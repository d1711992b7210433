-- ===== src/GoText/Signed.antt =====
-- Atoi reads what Itoa prints, for every `int`.
use simis.Prelude.{
  All, Text, [], arith, false, leb, ltb, lt→ltb, some, suc, true, ℕ, ◌<◌, ◌==◌, ◌^◌, ◌∷◌, ◌≡◌, ◌≢◌,
}
use simis.Prelude.Int.{ℤ, pos, negsuc, IsInt}
use simis.GoText.{parse_uint, atoi, itoa, format_uint, pos_int, neg_int}
use simis.GoText.Decimal.{IsDigit, decimal-IsDigit, parse_uint-format_uint}

no_digits : (n : ℕ) → parse_uint [] ≢ some n
unfolding parse_uint
no_digits n e = cc

atoi_digits :
    (t : Text) (n : ℕ) → All IsDigit t → parse_uint t ≡ some n → n < 2 ^ 63 → atoi t ≡ some (pos n)
unfolding atoi pos_int
atoi_digits [] n d e h = absurd (no_digits n e)
atoi_digits (c ∷ s) n d e h =
    let digit : IsDigit c = d.0 in
    let plain : (c == 45) ≡ false = ground arith in
    let plain' : (c == 43) ≡ false = ground arith in
    let small : ltb n (2 ^ 63) ≡ true = lt→ltb _ _ h in rw (plain, plain', e, small)

pub atoi-itoa : (v : ℤ) → IsInt v → atoi (itoa v) ≡ some v
unfolding itoa
atoi-itoa (pos n) h =
    atoi_digits (format_uint n) n (decimal-IsDigit 20 n) (parse_uint-format_uint n (omega arith))
      h.0
atoi-itoa (negsuc n) h =
    unfold atoi neg_int in
    let small : leb (suc n) (2 ^ 63) ≡ true = ground arith in
    rw (parse_uint-format_uint (suc n) (omega arith), small) (ground arith)
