abbrev pub said_of : Text → Bool → Text
said_of [] reasoning = []
said_of (d ∷ ds) true = []
said_of (d ∷ ds) false = d ∷ ds

-- A usage beside a part of the reasoning does not count.
abbrev pub counted_of : Text → Bool → Option Usage → Option Usage
counted_of [] reasoning u = u
counted_of (d ∷ ds) true u = none
counted_of (d ∷ ds) false u = u

-- Of all the chunks of a stream: the parts in their order, the answer, the last usage that counts,
-- and whether one has an error.
abbrev pub parts : {S : Type 0} → List StreamChunk → List (StreamEvent S)
parts [] = []
parts (c ∷ cs) = event_of c.delta c.reasoning ++ parts cs

abbrev pub said : List StreamChunk → Text
said [] = []
said (c ∷ cs) = said_of c.delta c.reasoning ++ said cs

abbrev pub last_usage : List StreamChunk → Option Usage
last_usage [] = none
last_usage (c ∷ cs) = or_else (last_usage cs) (counted_of c.delta c.reasoning c.usage)

abbrev pub HasError : List StreamChunk → Type 0
HasError [] = ⊥
HasError (c ∷ cs) = (is_some c.error ≡ true) ⊎ HasError cs

-- What follows after `before`, for a stream with the given parts, answer and usage: without an error
-- all the parts and then one end; with one, the parts up to where the sink refused an event or the
-- stream broke.
abbrev pub IsTalk :
    {S : Type 0}
    → (ℕ → Bool)
    → Type 0
    → List (StreamEvent S)
    → Text
    → Option Usage
    → List (StreamEvent S)
    → Result Error (Unit {0}) × List (StreamEvent S)
    → Type 0
IsTalk sink broken planned answer usage before (err e, events) =
    (mid later : List (StreamEvent _)) × (mid ++ later ≡ planned)
    × (events ≡ before ++ mid)
    × ((sink (length events) ≡ false) ⊎ broken)
IsTalk sink broken planned answer usage before (ok _, events) =
    (¬ broken) × (events ≡ before ++ (planned ++ finished (usage_from_stream usage answer) ∷ []))

IsTalk-part :
    {S : Type 0} (sink : ℕ → Bool) (broken : Type 0) (e : StreamEvent S)
    (planned : List (StreamEvent S)) (answer : Text) (usage : Option Usage)
    (before : List (StreamEvent S)) (reply : Result Error (Unit {0}) × List (StreamEvent S))
    → IsTalk sink broken planned answer usage (before ++ e ∷ []) reply
    → IsTalk sink broken (e ∷ planned) answer usage before reply
IsTalk-part sink broken e planned answer usage before (err _, events) (mid, later, is, at, why) =
    (e ∷ mid, later, ap (λ l. e ∷ l) is, at ∙ append_assoc before (e ∷ []) mid, why)
IsTalk-part sink broken e planned answer usage before (ok _, events) (fine, at) = (
  fine,
  at ∙ append_assoc before (e ∷ []) (planned ++ finished (usage_from_stream usage answer) ∷ []),
)

-- A chunk that has no error is no reason for one.
IsTalk-sound :
    {S : Type 0} (sink : ℕ → Bool) (before broken : Type 0) (planned : List (StreamEvent S))
    (answer : Text) (usage : Option Usage) (events : List (StreamEvent S))
    (reply : Result Error (Unit {0}) × List (StreamEvent S))
    → (before → broken)
    → (broken → before)
    → IsTalk sink before planned answer usage events reply
    → IsTalk sink broken planned answer usage events reply
IsTalk-sound sink _ _ planned answer usage events (err e, _) to back (mid, later, is, at, inl no') =
    (mid, later, is, at, inl no')
IsTalk-sound sink _ _ planned answer usage events (err e, _) to back (mid, later, is, at, inr b) =
    (mid, later, is, at, inr (to b))
IsTalk-sound sink _ _ planned answer usage events (ok u, _) to back (fine, at) =
    (λ b. fine (back b), at)

or_else_assoc : (a b c : Option Usage) → or_else a (or_else b c) ≡ or_else (or_else a b) c
or_else_assoc none b c = refl
or_else_assoc (some u) b c = refl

□ □ □ □ □ □ □

WORK REQUEST:
Return each line of the listing that holds the string "sound".

WRITTEN REPLY:
IsTalk-sound :
IsTalk-sound sink _ _ planned answer usage events (err e, _) to back (mid, later, is, at, inl no') =
IsTalk-sound sink _ _ planned answer usage events (err e, _) to back (mid, later, is, at, inr b) =
IsTalk-sound sink _ _ planned answer usage events (ok u, _) to back (fine, at) =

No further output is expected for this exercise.